┌──

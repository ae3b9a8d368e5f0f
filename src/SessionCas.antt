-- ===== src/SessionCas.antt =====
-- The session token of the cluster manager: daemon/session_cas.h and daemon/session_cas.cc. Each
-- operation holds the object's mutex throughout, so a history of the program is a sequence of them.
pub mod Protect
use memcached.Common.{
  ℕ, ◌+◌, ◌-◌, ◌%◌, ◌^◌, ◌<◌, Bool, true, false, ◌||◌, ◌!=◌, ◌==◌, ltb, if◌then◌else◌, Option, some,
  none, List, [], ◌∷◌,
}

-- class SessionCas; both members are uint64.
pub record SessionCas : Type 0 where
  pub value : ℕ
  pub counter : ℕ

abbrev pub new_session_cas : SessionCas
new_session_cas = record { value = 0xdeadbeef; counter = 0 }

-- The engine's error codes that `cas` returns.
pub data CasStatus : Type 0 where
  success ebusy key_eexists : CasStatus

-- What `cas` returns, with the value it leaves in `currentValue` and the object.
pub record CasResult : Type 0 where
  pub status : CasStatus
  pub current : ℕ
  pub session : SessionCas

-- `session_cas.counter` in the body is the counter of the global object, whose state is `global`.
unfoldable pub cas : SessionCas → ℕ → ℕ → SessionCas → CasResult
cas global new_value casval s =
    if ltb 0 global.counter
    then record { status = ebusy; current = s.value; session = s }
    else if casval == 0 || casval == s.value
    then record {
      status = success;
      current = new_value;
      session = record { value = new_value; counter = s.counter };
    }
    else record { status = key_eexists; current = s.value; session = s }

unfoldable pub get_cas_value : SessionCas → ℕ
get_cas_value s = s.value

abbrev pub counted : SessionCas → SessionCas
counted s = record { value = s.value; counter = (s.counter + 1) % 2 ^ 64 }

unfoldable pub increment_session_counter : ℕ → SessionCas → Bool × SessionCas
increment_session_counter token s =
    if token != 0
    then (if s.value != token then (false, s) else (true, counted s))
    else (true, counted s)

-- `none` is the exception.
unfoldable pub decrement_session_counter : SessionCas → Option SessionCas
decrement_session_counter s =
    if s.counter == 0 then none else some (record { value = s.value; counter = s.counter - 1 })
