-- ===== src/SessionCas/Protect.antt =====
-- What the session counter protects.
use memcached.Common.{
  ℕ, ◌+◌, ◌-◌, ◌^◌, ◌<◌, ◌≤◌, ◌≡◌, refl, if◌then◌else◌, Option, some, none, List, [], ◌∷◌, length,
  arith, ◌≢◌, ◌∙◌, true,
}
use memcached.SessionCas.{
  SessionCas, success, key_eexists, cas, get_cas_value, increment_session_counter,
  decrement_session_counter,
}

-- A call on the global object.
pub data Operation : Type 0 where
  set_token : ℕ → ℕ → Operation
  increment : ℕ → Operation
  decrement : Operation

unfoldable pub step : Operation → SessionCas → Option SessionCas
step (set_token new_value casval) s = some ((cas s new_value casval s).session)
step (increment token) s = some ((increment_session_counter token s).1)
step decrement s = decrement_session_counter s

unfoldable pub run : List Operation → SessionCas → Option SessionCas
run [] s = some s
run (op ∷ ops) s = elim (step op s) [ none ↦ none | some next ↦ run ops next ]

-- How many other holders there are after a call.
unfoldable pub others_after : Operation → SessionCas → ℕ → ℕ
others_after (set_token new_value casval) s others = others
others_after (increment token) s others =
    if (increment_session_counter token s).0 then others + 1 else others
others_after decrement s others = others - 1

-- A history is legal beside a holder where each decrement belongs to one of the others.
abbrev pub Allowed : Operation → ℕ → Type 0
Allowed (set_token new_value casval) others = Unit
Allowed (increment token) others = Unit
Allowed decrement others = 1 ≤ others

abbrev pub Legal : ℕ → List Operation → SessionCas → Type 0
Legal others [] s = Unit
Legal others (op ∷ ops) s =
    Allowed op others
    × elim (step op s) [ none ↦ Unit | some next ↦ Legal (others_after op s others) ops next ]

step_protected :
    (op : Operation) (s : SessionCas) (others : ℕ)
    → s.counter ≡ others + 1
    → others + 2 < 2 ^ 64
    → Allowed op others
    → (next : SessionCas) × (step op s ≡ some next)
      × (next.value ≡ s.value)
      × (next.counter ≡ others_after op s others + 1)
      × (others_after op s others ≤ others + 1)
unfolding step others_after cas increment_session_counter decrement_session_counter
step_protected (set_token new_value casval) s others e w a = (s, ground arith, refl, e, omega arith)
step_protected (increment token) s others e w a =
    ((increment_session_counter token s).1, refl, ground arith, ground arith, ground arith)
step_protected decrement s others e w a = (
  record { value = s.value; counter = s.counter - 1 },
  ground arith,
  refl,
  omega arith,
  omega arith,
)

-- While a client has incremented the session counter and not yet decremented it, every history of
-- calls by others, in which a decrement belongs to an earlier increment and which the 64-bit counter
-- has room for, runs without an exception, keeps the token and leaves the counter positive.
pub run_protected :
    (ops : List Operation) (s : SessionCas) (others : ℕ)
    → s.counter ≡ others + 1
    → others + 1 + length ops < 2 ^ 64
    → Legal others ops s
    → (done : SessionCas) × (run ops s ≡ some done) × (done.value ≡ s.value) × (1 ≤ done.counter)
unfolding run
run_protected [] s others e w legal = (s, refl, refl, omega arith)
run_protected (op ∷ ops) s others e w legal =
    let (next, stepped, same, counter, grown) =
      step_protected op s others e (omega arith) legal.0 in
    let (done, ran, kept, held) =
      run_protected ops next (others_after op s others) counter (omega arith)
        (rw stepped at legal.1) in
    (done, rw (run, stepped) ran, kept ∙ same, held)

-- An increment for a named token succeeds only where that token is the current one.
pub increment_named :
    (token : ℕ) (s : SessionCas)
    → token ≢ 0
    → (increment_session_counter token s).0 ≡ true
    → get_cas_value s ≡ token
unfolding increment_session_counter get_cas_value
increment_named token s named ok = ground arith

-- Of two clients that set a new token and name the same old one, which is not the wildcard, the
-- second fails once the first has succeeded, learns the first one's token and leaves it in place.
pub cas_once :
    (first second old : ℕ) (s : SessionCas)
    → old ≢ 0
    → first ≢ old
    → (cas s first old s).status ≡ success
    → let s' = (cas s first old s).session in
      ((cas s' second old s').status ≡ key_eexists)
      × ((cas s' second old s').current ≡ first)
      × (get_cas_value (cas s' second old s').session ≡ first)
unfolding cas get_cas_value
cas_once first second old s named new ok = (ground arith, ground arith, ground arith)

└──

- Required action -
Each line of the entries that contains the word "CasStatus" should be listed.

- Task answer -
pub data CasStatus : Type 0 where
  success ebusy key_eexists : CasStatus
  pub status : CasStatus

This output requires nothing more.